Reproduce, exactly and in full, only the lines below from the one containing "ready = [];" through the one containing "pub record Caller : Type 0 where".

*** Block opens ***

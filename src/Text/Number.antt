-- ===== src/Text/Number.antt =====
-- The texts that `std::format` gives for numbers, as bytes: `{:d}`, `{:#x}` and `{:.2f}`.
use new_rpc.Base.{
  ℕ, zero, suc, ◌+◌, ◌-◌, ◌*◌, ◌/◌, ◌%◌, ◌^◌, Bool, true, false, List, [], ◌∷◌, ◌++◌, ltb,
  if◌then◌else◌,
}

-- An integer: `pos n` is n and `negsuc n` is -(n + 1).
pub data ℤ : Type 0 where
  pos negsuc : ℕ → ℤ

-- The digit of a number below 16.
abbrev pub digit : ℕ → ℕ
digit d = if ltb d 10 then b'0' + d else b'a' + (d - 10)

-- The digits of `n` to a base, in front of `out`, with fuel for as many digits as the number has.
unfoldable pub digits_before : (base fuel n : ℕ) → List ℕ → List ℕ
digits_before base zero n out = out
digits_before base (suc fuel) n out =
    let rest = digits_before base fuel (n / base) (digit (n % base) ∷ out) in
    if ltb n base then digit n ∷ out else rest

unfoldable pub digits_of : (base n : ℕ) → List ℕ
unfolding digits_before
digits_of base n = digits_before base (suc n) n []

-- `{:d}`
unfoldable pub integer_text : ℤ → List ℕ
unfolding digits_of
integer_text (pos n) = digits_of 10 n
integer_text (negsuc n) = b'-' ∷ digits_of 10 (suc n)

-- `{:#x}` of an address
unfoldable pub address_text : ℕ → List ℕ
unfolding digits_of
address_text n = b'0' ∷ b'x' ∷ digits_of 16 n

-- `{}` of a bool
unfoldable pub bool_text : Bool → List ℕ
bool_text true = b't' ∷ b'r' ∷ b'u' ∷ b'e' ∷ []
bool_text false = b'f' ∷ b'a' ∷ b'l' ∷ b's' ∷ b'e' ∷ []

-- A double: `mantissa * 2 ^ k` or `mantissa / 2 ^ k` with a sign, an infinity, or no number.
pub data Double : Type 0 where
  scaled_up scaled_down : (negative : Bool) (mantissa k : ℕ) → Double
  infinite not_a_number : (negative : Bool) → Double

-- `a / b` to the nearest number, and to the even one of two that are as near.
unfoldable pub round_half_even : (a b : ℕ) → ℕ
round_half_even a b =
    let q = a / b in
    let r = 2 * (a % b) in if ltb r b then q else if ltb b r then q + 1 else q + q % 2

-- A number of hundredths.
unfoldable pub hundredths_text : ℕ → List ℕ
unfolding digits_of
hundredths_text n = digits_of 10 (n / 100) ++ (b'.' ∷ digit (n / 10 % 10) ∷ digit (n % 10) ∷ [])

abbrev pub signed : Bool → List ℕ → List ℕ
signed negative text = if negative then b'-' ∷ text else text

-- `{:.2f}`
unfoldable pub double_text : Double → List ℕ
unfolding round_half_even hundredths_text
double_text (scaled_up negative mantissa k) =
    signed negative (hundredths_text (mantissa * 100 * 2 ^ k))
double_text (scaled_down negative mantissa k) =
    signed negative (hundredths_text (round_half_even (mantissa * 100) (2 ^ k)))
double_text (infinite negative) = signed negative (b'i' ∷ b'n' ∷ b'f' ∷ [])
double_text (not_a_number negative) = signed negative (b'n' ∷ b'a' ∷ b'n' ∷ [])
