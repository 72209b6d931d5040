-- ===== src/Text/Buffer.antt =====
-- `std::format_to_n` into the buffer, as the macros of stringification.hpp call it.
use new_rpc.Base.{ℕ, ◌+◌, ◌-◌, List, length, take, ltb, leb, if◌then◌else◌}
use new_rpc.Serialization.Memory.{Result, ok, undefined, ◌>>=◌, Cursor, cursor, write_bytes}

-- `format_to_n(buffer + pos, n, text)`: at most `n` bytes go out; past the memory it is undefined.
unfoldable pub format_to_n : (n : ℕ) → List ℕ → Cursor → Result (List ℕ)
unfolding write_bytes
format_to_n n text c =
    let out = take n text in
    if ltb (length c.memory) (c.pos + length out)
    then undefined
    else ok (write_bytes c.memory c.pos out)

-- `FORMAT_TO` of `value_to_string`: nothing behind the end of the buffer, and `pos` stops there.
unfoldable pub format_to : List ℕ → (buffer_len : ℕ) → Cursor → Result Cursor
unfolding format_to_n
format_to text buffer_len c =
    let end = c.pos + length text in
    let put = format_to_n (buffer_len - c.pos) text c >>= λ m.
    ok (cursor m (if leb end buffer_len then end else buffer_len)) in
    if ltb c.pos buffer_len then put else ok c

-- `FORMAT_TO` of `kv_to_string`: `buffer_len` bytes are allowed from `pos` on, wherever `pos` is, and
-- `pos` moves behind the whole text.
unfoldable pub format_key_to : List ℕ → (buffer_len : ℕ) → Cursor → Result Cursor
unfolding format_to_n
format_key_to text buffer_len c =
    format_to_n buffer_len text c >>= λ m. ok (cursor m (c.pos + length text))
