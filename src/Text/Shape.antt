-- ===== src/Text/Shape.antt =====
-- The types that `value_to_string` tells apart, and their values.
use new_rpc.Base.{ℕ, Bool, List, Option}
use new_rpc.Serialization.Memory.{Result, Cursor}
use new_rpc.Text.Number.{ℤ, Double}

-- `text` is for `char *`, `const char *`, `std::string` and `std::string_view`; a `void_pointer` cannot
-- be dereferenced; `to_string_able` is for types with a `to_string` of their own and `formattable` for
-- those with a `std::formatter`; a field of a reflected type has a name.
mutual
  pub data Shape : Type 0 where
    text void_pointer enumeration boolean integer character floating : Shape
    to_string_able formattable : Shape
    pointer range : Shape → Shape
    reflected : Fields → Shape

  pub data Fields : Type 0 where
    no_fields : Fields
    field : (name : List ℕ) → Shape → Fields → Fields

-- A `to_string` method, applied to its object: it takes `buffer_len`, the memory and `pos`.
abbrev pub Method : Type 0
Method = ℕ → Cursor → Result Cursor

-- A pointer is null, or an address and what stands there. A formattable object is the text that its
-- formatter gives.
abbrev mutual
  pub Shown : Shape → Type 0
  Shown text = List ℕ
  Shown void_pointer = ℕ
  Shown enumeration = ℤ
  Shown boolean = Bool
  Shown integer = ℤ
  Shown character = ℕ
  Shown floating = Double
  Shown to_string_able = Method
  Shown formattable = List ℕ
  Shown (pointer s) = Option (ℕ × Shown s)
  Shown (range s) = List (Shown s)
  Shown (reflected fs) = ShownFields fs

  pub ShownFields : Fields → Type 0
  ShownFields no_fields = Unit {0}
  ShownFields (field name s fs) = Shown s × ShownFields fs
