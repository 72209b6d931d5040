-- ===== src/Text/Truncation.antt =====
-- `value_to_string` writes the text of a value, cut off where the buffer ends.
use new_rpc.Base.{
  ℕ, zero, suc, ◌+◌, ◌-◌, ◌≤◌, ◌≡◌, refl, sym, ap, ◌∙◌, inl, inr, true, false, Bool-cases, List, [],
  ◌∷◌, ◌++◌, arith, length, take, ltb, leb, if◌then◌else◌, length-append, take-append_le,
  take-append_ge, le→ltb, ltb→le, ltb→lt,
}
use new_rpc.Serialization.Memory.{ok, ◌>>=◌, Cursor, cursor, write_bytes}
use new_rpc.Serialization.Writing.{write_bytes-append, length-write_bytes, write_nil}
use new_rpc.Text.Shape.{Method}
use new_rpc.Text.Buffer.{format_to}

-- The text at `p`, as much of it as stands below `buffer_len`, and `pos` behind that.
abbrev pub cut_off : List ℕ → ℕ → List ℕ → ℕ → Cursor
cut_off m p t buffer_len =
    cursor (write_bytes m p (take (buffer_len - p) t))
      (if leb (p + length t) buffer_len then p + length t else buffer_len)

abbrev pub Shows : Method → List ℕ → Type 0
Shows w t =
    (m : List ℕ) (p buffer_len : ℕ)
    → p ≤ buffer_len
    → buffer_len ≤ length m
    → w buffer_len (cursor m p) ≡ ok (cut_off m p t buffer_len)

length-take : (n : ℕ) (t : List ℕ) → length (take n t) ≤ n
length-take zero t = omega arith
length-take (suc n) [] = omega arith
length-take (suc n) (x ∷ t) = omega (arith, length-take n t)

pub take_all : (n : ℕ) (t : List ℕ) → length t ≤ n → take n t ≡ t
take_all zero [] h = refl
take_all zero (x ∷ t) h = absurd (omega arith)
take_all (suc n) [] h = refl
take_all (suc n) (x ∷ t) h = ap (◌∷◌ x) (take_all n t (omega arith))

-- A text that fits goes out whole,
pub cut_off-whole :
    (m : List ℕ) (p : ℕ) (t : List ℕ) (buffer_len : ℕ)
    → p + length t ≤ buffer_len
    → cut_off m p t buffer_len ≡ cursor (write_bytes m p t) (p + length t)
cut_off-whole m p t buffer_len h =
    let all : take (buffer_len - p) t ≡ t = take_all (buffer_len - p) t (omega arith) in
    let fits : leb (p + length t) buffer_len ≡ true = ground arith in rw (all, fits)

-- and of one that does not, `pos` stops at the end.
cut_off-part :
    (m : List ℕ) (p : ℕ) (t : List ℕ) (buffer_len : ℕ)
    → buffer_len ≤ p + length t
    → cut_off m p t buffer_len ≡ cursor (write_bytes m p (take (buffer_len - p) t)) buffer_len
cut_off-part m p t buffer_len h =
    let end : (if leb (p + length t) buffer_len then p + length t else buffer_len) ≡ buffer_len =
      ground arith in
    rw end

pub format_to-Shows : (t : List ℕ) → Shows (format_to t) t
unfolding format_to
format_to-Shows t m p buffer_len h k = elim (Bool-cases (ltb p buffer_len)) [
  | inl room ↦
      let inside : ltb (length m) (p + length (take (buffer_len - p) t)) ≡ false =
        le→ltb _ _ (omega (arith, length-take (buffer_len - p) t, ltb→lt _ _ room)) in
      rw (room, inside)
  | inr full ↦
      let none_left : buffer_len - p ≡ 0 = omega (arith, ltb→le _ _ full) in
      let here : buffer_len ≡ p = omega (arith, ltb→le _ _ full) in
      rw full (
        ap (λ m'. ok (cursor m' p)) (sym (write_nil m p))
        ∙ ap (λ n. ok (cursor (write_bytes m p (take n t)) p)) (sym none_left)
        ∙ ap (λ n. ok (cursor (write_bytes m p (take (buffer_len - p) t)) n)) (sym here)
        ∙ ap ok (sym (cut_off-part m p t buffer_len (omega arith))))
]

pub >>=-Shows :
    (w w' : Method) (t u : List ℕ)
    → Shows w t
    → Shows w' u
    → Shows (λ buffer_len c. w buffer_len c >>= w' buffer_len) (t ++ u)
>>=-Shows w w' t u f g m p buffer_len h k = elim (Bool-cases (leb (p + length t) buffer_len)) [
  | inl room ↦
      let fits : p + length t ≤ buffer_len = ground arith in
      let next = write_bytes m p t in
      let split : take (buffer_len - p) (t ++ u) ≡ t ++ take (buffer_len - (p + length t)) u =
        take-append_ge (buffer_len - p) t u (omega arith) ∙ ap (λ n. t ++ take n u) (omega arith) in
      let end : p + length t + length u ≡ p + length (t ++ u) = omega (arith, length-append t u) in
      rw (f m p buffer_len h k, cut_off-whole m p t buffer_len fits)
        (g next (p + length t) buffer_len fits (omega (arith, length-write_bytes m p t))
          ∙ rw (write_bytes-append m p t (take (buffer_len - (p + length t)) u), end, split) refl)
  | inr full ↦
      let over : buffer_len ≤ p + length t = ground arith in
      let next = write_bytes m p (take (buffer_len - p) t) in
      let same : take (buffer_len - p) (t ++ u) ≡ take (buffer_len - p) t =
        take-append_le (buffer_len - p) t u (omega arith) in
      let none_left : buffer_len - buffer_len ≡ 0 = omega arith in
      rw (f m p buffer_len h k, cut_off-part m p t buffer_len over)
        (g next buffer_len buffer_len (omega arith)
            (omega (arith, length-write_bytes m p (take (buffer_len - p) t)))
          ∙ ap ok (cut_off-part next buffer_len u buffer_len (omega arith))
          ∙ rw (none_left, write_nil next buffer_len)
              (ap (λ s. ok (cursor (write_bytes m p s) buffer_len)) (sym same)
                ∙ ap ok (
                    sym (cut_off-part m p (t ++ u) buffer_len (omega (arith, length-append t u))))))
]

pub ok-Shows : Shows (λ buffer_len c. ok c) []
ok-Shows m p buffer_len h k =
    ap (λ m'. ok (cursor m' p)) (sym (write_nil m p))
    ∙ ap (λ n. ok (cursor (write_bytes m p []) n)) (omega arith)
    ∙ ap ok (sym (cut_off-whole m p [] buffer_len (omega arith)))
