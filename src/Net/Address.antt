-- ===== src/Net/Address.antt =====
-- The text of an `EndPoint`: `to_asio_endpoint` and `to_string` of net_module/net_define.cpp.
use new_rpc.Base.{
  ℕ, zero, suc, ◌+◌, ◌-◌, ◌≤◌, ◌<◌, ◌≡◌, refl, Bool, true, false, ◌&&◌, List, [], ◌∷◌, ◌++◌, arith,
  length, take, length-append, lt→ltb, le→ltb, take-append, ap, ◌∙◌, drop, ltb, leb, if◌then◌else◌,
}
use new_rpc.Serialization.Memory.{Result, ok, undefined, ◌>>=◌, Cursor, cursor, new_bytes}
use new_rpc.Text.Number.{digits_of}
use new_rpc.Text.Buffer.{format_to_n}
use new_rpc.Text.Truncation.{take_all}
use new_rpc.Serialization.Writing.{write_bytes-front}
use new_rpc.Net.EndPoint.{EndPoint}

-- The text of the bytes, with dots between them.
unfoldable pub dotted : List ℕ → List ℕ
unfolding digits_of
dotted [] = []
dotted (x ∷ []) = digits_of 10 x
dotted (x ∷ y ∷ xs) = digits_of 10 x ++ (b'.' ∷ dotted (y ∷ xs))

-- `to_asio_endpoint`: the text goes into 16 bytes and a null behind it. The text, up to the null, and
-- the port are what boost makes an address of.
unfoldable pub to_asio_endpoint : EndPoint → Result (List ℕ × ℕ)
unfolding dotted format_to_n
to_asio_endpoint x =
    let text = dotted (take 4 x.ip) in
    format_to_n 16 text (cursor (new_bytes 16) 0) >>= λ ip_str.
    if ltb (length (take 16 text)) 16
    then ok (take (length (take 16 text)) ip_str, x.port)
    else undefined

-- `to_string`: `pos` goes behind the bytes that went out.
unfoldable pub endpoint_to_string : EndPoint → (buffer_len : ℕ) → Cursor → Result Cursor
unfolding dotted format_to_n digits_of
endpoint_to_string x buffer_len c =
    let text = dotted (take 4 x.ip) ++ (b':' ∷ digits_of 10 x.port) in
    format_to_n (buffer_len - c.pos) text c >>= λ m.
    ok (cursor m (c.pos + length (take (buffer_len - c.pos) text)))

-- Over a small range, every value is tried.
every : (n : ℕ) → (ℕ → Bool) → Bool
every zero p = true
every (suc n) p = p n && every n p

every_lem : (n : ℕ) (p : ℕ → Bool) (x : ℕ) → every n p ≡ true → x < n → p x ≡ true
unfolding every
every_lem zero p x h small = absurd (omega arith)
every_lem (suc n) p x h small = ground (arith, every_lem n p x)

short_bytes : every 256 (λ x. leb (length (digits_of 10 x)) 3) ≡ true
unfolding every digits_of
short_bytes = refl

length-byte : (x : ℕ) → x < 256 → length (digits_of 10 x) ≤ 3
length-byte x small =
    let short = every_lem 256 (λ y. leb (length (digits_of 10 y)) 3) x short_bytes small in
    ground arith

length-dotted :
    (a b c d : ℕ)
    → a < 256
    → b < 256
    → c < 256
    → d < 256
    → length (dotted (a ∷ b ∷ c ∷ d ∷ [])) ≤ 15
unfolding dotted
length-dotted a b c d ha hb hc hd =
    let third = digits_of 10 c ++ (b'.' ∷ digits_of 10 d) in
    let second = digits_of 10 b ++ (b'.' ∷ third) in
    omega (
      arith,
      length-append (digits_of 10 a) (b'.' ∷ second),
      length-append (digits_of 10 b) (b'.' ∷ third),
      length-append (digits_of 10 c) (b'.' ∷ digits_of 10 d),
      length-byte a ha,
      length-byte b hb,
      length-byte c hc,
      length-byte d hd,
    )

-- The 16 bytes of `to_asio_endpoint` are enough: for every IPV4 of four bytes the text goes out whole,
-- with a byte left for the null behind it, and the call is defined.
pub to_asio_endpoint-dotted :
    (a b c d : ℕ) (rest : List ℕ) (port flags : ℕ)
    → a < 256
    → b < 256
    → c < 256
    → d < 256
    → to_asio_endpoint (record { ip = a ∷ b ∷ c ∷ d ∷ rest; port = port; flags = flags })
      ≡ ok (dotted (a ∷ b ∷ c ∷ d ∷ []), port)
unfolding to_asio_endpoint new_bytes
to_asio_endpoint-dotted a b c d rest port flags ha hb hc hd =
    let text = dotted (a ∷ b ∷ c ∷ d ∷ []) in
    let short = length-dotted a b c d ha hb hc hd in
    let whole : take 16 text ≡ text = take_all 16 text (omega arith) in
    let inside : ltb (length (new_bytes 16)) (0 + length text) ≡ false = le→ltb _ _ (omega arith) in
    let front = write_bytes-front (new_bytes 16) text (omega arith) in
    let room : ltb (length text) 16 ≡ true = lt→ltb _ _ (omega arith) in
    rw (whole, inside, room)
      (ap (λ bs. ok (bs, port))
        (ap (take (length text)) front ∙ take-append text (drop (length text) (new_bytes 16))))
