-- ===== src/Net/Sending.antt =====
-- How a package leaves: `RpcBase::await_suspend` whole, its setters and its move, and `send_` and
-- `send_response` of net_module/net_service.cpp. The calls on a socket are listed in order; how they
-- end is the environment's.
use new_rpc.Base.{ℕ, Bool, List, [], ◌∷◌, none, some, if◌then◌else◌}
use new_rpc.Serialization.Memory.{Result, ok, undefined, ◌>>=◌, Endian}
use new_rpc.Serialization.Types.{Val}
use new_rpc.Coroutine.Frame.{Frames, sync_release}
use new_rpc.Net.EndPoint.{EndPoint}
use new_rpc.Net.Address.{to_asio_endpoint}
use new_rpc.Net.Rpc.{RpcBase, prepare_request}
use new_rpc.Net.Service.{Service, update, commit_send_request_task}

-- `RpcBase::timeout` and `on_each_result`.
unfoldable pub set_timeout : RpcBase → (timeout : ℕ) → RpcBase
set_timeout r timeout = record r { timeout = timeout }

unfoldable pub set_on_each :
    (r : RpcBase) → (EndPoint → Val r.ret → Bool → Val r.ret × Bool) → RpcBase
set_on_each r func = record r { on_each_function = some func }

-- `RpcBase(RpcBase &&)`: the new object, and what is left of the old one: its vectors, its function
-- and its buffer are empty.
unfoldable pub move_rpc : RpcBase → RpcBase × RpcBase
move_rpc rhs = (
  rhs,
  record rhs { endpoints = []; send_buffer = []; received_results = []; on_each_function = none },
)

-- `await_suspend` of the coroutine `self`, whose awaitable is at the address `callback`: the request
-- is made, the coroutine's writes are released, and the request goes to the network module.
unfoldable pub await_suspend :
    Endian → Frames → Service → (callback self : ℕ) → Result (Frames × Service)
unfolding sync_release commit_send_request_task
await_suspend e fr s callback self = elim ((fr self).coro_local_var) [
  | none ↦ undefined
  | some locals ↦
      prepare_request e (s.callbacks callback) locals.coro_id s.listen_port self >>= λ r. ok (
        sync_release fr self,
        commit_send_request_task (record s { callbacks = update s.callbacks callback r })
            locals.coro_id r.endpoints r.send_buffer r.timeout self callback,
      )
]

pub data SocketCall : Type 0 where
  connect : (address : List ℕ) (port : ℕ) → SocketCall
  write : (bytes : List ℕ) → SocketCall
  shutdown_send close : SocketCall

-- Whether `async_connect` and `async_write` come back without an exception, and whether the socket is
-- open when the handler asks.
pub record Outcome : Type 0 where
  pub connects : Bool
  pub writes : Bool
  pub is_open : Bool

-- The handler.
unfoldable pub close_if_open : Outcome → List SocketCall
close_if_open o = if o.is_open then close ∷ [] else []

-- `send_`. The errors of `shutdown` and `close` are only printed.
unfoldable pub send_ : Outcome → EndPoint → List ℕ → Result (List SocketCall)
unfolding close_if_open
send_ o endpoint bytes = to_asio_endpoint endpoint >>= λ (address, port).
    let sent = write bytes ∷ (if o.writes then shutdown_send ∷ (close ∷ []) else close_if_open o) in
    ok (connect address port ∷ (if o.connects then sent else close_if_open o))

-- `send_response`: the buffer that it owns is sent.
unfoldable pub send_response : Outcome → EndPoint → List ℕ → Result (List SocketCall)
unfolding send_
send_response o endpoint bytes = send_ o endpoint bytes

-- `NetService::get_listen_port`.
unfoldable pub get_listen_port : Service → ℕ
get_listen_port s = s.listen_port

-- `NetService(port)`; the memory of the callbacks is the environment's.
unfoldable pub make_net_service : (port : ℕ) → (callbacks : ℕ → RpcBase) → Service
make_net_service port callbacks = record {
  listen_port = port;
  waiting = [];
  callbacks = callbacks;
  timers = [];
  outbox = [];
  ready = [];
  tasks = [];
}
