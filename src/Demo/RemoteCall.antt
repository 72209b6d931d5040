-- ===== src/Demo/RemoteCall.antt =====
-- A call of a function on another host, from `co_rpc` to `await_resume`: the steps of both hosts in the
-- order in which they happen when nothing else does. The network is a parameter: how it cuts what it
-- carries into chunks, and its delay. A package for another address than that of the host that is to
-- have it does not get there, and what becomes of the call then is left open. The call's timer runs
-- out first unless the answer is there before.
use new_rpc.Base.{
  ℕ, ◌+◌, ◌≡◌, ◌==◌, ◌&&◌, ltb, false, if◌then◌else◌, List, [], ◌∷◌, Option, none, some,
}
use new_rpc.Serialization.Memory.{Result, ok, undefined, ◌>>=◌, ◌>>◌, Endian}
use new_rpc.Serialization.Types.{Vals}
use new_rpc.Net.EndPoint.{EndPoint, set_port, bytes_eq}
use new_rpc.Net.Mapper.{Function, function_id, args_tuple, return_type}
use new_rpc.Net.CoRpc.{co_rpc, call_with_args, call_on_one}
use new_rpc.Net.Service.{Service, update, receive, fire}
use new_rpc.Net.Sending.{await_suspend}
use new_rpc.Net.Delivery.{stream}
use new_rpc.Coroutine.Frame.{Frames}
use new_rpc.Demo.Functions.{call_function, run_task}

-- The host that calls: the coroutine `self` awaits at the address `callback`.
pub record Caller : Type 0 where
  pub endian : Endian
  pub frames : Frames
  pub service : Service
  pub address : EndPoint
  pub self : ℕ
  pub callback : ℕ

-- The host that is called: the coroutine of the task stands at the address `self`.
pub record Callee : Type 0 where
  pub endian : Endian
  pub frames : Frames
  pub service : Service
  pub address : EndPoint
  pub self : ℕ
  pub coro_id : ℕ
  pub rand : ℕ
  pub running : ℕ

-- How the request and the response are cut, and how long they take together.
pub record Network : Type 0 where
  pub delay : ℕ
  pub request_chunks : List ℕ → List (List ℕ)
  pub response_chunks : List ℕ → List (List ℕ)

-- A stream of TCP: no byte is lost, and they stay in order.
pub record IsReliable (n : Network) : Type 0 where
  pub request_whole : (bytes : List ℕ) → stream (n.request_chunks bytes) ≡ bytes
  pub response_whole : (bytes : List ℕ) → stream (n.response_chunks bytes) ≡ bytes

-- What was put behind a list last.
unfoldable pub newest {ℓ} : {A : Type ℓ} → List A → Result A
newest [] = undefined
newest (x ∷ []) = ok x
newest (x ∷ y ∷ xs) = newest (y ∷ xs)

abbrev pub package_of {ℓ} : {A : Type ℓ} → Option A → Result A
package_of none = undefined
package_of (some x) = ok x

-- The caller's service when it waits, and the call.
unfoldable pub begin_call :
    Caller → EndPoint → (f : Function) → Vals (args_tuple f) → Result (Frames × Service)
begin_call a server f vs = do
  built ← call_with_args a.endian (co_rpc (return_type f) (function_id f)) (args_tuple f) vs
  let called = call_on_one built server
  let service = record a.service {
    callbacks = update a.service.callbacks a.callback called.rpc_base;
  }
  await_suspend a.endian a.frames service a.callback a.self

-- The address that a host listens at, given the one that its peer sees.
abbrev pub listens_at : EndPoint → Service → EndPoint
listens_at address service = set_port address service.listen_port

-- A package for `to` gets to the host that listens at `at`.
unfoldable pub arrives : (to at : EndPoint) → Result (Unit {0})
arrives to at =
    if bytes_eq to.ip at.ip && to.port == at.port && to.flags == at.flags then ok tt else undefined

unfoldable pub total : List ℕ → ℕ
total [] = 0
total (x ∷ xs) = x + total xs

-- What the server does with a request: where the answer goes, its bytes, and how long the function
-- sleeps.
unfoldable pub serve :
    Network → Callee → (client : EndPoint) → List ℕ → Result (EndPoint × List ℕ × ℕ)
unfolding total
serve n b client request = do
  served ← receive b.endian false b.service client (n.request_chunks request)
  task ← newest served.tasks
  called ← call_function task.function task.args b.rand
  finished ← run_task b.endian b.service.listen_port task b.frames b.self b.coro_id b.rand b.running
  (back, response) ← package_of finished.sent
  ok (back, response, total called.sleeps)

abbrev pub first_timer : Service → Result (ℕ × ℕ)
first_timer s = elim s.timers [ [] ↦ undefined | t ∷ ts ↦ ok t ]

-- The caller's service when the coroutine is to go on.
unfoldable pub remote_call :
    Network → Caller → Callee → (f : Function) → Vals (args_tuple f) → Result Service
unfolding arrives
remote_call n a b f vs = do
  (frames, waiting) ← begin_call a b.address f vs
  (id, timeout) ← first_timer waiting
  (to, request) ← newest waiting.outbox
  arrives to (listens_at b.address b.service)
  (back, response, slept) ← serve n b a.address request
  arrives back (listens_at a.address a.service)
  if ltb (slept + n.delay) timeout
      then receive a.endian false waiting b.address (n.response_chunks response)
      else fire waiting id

*** Block closes ***

Response area
  ready = [];
  tasks = [];
}
filename src/Demo/RemoteCall.antt
repository 72209b6d931d5040
-- ===== src/Demo/RemoteCall.antt =====
-- A call of a function on another host, from `co_rpc` to `await_resume`: the steps of both hosts in the
-- order in which they happen when nothing else does. The network is a parameter: how it cuts what it
-- carries into chunks, and its delay. A package for another address than that of the host that is to
-- have it does not get there, and what becomes of the call then is left open. The call's timer runs
-- out first unless the answer is there before.
use new_rpc.Base.{
  ℕ, ◌+◌, ◌≡◌, ◌==◌, ◌&&◌, ltb, false, if◌then◌else◌, List, [], ◌∷◌, Option, none, some,
}
use new_rpc.Serialization.Memory.{Result, ok, undefined, ◌>>=◌, ◌>>◌, Endian}
use new_rpc.Serialization.Types.{Vals}
use new_rpc.Net.EndPoint.{EndPoint, set_port, bytes_eq}
use new_rpc.Net.Mapper.{Function, function_id, args_tuple, return_type}
use new_rpc.Net.CoRpc.{co_rpc, call_with_args, call_on_one}
use new_rpc.Net.Service.{Service, update, receive, fire}
use new_rpc.Net.Sending.{await_suspend}
use new_rpc.Net.Delivery.{stream}
use new_rpc.Coroutine.Frame.{Frames}
use new_rpc.Demo.Functions.{call_function, run_task}

-- The host that calls: the coroutine `self` awaits at the address `callback`.
pub record Caller : Type 0 where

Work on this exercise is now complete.